Work to be completed: Note each line in the data below that holds "generation", and copy it.

[Collected data]
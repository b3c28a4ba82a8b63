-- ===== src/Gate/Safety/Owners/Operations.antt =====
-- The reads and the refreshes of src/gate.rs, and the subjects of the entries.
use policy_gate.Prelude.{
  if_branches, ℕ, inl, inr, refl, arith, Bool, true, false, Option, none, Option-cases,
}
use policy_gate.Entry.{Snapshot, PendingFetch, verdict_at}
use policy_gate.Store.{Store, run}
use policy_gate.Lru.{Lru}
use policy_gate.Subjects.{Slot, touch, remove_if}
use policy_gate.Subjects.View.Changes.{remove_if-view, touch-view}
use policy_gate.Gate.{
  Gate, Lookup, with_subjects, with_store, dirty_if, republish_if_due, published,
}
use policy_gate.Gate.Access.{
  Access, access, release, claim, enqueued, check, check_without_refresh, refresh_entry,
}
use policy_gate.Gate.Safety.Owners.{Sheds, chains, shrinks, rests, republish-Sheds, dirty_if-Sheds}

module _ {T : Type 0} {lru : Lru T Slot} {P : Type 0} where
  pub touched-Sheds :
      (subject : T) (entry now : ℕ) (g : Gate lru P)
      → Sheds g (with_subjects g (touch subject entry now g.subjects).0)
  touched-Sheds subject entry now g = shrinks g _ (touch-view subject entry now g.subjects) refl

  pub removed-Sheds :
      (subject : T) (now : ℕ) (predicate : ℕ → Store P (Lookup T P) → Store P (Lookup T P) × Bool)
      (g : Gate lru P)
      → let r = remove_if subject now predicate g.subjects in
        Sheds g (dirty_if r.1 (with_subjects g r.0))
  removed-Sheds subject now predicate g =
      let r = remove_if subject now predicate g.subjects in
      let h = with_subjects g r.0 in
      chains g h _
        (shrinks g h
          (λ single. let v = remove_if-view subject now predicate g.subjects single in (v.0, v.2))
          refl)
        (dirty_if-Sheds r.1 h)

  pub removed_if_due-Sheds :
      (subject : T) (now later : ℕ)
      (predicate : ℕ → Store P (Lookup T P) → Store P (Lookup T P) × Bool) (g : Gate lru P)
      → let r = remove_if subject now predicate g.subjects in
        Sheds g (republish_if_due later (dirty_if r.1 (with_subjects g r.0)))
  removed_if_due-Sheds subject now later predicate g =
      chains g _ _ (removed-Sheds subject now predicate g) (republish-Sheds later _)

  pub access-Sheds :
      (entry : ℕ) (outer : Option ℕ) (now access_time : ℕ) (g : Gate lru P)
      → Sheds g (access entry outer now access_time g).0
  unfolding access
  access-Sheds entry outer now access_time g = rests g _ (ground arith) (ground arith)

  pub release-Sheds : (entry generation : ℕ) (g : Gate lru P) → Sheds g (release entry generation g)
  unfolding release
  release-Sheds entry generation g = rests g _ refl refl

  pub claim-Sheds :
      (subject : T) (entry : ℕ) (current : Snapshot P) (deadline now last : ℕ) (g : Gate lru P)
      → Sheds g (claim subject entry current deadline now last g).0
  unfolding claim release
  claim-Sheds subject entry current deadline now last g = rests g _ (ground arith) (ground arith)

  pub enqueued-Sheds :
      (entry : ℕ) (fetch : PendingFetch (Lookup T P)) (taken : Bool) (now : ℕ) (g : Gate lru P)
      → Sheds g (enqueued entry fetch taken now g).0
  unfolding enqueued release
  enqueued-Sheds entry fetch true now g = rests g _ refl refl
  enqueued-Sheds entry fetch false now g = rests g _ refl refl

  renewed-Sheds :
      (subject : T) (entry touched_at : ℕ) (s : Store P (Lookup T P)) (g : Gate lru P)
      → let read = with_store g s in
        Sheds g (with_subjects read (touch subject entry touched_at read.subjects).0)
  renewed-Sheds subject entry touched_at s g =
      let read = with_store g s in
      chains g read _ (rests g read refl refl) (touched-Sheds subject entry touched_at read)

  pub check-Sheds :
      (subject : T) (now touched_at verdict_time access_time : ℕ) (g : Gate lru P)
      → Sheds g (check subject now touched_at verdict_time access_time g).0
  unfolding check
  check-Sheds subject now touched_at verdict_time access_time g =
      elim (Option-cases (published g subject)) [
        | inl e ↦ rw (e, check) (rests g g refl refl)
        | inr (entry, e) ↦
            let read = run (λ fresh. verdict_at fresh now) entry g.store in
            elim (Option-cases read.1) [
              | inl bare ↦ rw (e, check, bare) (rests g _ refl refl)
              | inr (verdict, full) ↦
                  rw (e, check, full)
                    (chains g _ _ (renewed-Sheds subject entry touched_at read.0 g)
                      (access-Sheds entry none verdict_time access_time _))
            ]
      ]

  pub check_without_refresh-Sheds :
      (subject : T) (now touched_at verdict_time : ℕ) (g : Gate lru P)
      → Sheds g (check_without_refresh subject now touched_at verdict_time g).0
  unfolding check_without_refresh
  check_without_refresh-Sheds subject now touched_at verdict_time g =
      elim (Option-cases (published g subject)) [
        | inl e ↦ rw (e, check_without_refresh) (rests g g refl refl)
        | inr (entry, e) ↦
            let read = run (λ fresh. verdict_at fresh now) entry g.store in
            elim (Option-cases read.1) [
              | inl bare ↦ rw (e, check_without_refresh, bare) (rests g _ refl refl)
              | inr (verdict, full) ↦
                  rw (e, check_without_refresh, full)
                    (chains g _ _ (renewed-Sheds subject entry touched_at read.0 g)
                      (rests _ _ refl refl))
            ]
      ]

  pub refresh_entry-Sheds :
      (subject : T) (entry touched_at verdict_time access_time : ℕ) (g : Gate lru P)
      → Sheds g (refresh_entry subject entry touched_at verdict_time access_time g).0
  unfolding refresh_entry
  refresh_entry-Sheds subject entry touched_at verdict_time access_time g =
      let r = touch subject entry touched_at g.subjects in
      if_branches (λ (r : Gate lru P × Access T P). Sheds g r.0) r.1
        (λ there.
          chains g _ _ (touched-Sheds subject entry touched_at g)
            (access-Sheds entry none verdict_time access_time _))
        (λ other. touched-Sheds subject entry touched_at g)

Result for this exercise:
  pub release-Sheds : (entry generation : ℕ) (g : Gate lru P) → Sheds g (release entry generation g)
  release-Sheds entry generation g = rests g _ refl refl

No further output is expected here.